Arbeitnehmer, Papa, Ehemann.

 

Alles schon gehabt und hingeschmissen.

Meth ist für mich da, drauf geschissen.

Mein Leben ein Haufen Scherben,

im Sumpf geboren und im Loch werd ich sterben.

Hartz 4 und Netflix ist schließlich auch kein Leben.

 

Meine ganzen Kollegen,

jeden Tag zusammengehangen,

wird vor Gericht der Eine vom Andern hingehangen.

Keiner ist mehr da, haben sich alle verpisst,

gibt’s keinen Vorteil, wirst du von keinem vermisst.

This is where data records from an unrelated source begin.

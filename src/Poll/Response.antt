-- ===== src/Poll/Response.antt =====
-- bjnp/src/poll/response.rs: the response of a poll, and the interrupt that a button press sends.
mod Types
mod Button
mod Wire
mod Shown
pub mod RoundTrip
pub mod Status
pub mod Safety
pub mod Tests
unfoldable pub use Types.*
unfoldable pub use Button.*
unfoldable pub use Wire.*
unfoldable pub use Shown.*
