-- ===== src/Listener/Launch.antt =====
-- src/poll.rs: `ListenConfig`, and the environment that the command is launched with.
use scanner_button.Prelude.{ℕ, Option, none, some, String, List, [], ◌∷◌}
use scanner_button.Rust.Float.{F32}
use scanner_button.Channel.{SocketAddr}
use scanner_button.Poll.Host.{Host}
use scanner_button.Poll.Response.{
  Interrupt, ColorMode, Size, Format, Dpi, Source, FeederType, FeederOrientation,
}

-- The durations are in seconds.
pub record ListenConfig : Type 0 where
  pub scanner_addr : SocketAddr
  pub hostname : Host
  pub initial_max_waiting : ℕ
  pub backoff_factor : F32
  pub backoff_maximum : ℕ
  pub command : String × List String

abbrev pub color_mode_text : ColorMode → String
color_mode_text ColorMode.color = "COLOR"
color_mode_text ColorMode.mono = "MONO"

abbrev pub size_text : Size → String
size_text Size.a4 = "A4"
size_text Size.letter = "LETTER"
size_text Size.size_10x15 = "10x15"
size_text Size.size_13x18 = "13x18"
size_text Size.auto = "AUTO"

abbrev pub format_text : Format → String
format_text Format.jpeg = "JPEG"
format_text Format.tiff = "TIFF"
format_text Format.pdf = "PDF"
format_text Format.kompakt_pdf = "KOMPAKT_PDF"

abbrev pub dpi_text : Dpi → String
dpi_text Dpi.dpi_75 = "75"
dpi_text Dpi.dpi_150 = "150"
dpi_text Dpi.dpi_300 = "300"
dpi_text Dpi.dpi_600 = "600"

abbrev pub source_text : Source → String
source_text Source.flatbed = "FLATBED"
source_text Source.auto_document_feeder = "FEEDER"

abbrev pub feeder_type_text : Option FeederType → String
feeder_type_text none = ""
feeder_type_text (some FeederType.simplex) = "SIMPLEX"
feeder_type_text (some FeederType.duplex) = "DUPLEX"

abbrev pub feeder_orientation_text : Option FeederOrientation → String
feeder_orientation_text none = ""
feeder_orientation_text (some FeederOrientation.portrait) = "PORTRAIT"
feeder_orientation_text (some FeederOrientation.landscape) = "LANDSCAPE"

-- The variables that the command sees.
unfoldable pub environment : Interrupt → List (String × String)
environment i =
    ("SCANNER_COLOR_MODE", color_mode_text i.color_mode)
    ∷ ("SCANNER_PAGE", size_text i.size)
    ∷ ("SCANNER_FORMAT", format_text i.format)
    ∷ ("SCANNER_DPI", dpi_text i.dpi)
    ∷ ("SCANNER_SOURCE", source_text i.source)
    ∷ ("SCANNER_ADF_TYPE", feeder_type_text i.feeder_type)
    ∷ ("SCANNER_ADF_ORIENT", feeder_orientation_text i.feeder_orientation)
    ∷ []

Ich bin nicht wütend, ich bin abgefuckt.

Nicht von der Zelle, nicht vom Knast,

die Welt da draußen ist es,

die mir Kopfschmerzen macht.

 

Tschüss angebliche Freiheit,

was immer bleibt ist Einsamkeit.

Kannst keinem mehr vertrauen.

Willst niemandem mehr glauben.

Stehst allein mit dem Gesicht zur Wand,

Schwäche zeigen ist dein größter Feind.

Aber denk immer dran:

In der Szene gibt’s keinen wahren Freund.

 

Ich erwarte echt nicht viel vom Leben,

will nach Erfolg, Glück und Liebe streben.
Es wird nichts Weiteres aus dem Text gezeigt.